Monday, 19 February 2024 15:25

The world's hardest working Master of Wine?

Written by  Bob Campbell
Nicholas Paris MW Nicholas Paris MW

OPINION: At 47 years of age Nicholas Paris has achieved far more than most of us hope to in a lifetime.

With the help of his New Zealand-born father and brother, Stanley and Alan, he has helped restore an historic stone winery dating back to the 1870s and built two luxury cottages and an underground barrel cellar. The Monte Christo winery in Clyde, Central Otago, is now open for business.

Nicholas lives in Connecticut, about two hours outside New York City, with his wife Heidi and four children aged 11-18. They are building a house in North Carolina which they hope to move into in a couple of years. Nicholas has worked for E & J Gallo, the world’s largest wine producer, for 18 years. He was the first Master of Wine employed by E & J Gallo and has held a variety of positions there including sales, public relations, education, importing, and wine consulting. He gets to taste all domestic wines produced from 18 Gallo-owned wineries.

Nicholas didn’t have a light bulb moment that made him suddenly fall in love with wine, but travelled a lot with his family which allowed his passion to develop gradually. Travel also exposed him to different languages and dialects and Nicholas speaks five languages fluently: English, Spanish, French, Italian and German. He admits that his love of wine and language received a boost after spending a summer in France’s beautiful Loire Valley.

His first job in the wine industry was at Zachy’s Fine Wine and Liquors in New York. After six months he was promoted to become auction director at Christie’s Auction House, which involved regular travel between New York and Los Angeles, as well as the opportunity to taste a lot of very old wines. He recalls attending a tasting of an 1864 Château Lafite with, the late Michael Broadbent, a legendary wine auctioneer who commented that “a young wine, still has 50 years to go”.

Nicholas passed his Master of Wine exam in 2014, and recalls the phone call from a United Kingdom telephone number at around midnight.

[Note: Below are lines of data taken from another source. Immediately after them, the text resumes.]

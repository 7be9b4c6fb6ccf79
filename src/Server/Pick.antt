-- ===== src/Server/Pick.antt =====
-- Which thread of the pool Server::requestThread chooses.
use qt_rpc.Base.{
  ℕ, suc, ◌+◌, ◌≤◌, ◌<◌, ◌≡◌, ◌≢◌, ◌⊎◌, inl, inr, refl, subst, List, [], ◌∷◌, arith, All, ltb, ◌==◌,
  if◌then◌else◌, length, get_or, drop, Bool-cases,
}
use qt_rpc.Server.{Server, thread_pool, pooled, pick, add_at, request_thread}

-- Where `pick` ends on a list with no idle thread: at `thread`, or at the last light one.
abbrev Busy : ℕ → ℕ → ℕ → List ℕ → ℕ → Type 0
Busy lowest i thread cs p =
    ((p ≡ thread) × All (λ c. lowest ≤ c) cs)
    ⊎ ((k : ℕ) × (p ≡ i + k)
        × (get_or cs k lowest < lowest)
        × (k < length cs)
        × All (λ c. lowest ≤ c) (drop (suc k) cs))

abbrev Idle : ℕ → List ℕ → ℕ → Type 0
Idle i cs p = (k : ℕ) × (p ≡ i + k) × (k < length cs) × (get_or cs k 1 ≡ 0)

abbrev Cases : ℕ → ℕ → ℕ → List ℕ → ℕ → Type 0
Cases lowest i thread cs p = Idle i cs p ⊎ (All (λ c. c ≢ 0) cs × Busy lowest i thread cs p)

-- One more busy thread in front.
skip_busy :
    (lowest i thread c p : ℕ) (cs : List ℕ)
    → c ≢ 0
    → Cases lowest (i + 1) (if ltb c lowest then i else thread) cs p
    → Cases lowest i thread (c ∷ cs) p
skip_busy lowest i thread c p cs busy (inl (k, e, less, none_there)) =
    inl (suc k, omega arith, omega arith, none_there)
skip_busy lowest i thread c p cs busy (inr (nonzero, inr (k, e, light, less, heavy))) =
    inr ((busy, nonzero), inr (suc k, omega arith, light, omega arith, heavy))
skip_busy lowest i thread c p cs busy (inr (nonzero, inl (e, heavy))) =
    elim (Bool-cases (ltb c lowest)) [
      | inl light ↦
          inr ((busy, nonzero), inr (0, ground (arith, light), ground arith, omega arith, heavy))
      | inr not_light ↦
          inr ((busy, nonzero), inl (ground (arith, not_light), (ground arith, heavy)))
    ]

pick-Cases :
    (lowest i thread : ℕ) (cs : List ℕ) → Cases lowest i thread cs (pick lowest i thread cs)
unfolding pick
pick-Cases lowest i thread [] = inr (tt, inl (refl, tt))
pick-Cases lowest i thread (c ∷ cs) = elim (Bool-cases (c == 0)) [
  | inl e ↦ inl (0, ground (arith, e), omega arith, ground (arith, e))
  | inr e ↦ rw e (
      skip_busy lowest i thread c _ cs (ground (arith, e))
        (pick-Cases lowest (i + 1) (if ltb c lowest then i else thread) cs))
]

from_Cases :
    (c p : ℕ) (cs : List ℕ)
    → Cases c 0 0 (c ∷ cs) p
    → (p < length (c ∷ cs))
      × ((get_or (c ∷ cs) p 1 ≡ 0)
          ⊎ (All (λ d. d ≢ 0) (c ∷ cs)
              × (((p ≡ 0) × All (λ d. c ≤ d) (c ∷ cs))
                  ⊎ ((get_or (c ∷ cs) p c < c) × All (λ d. c ≤ d) (drop (suc p) (c ∷ cs))))))
from_Cases c p cs (inl (k, e, less, idle)) =
    let same : k ≡ p = omega arith in
    (omega arith, inl (subst (λ j. get_or (c ∷ cs) j 1 ≡ 0) same idle))
from_Cases c p cs (inr (nonzero, inl (e, heavy))) = (omega arith, inr (nonzero, inl (e, heavy)))
from_Cases c p cs (inr (nonzero, inr (k, e, light, less, heavy))) =
    let same : k ≡ p = omega arith in
    (
      omega arith,
      inr (
        nonzero,
        inr (
          subst (λ j. get_or (c ∷ cs) j c < c) same light,
          subst (λ j. All (λ d. c ≤ d) (drop (suc j) (c ∷ cs))) same heavy,
        ),
      ),
    )

-- A request on a thread pool with at least one thread takes one more instance on one of its
-- threads. That thread is idle, or no thread is idle and it is the last one with fewer instances
-- than the first thread, or the first thread where no other has fewer.
pub request_thread_pool :
    (s : Server) (c : ℕ) (cs : List ℕ)
    → s.thread_type ≡ thread_pool
    → s.thread_count ≡ c ∷ cs
    → (i : ℕ) × (request_thread s ≡ (pooled i, record s { thread_count = add_at s.thread_count i }))
      × (i < length (c ∷ cs))
      × ((get_or (c ∷ cs) i 1 ≡ 0)
          ⊎ (All (λ d. d ≢ 0) (c ∷ cs)
              × (((i ≡ 0) × All (λ d. c ≤ d) (c ∷ cs))
                  ⊎ ((get_or (c ∷ cs) i c < c) × All (λ d. c ≤ d) (drop (suc i) (c ∷ cs))))))
unfolding request_thread
request_thread_pool s c cs pool counts = (
  pick c 0 0 (c ∷ cs),
  rw (pool, counts) refl,
  (from_Cases c _ cs (pick-Cases c 0 0 (c ∷ cs))).0,
  (from_Cases c _ cs (pick-Cases c 0 0 (c ∷ cs))).1,
)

A very English voice said, “Do you know why I’m calling?”. Then, after a long pause, “Congratulations you are an MW,” he says. “The weight of the world went off my shoulders as I experienced an enormous sense of relief.” Although Nicholas was born in the United States, he has dual citizenship with New Zealand and seems likely to spend more time here, especially during the annual grape harvest.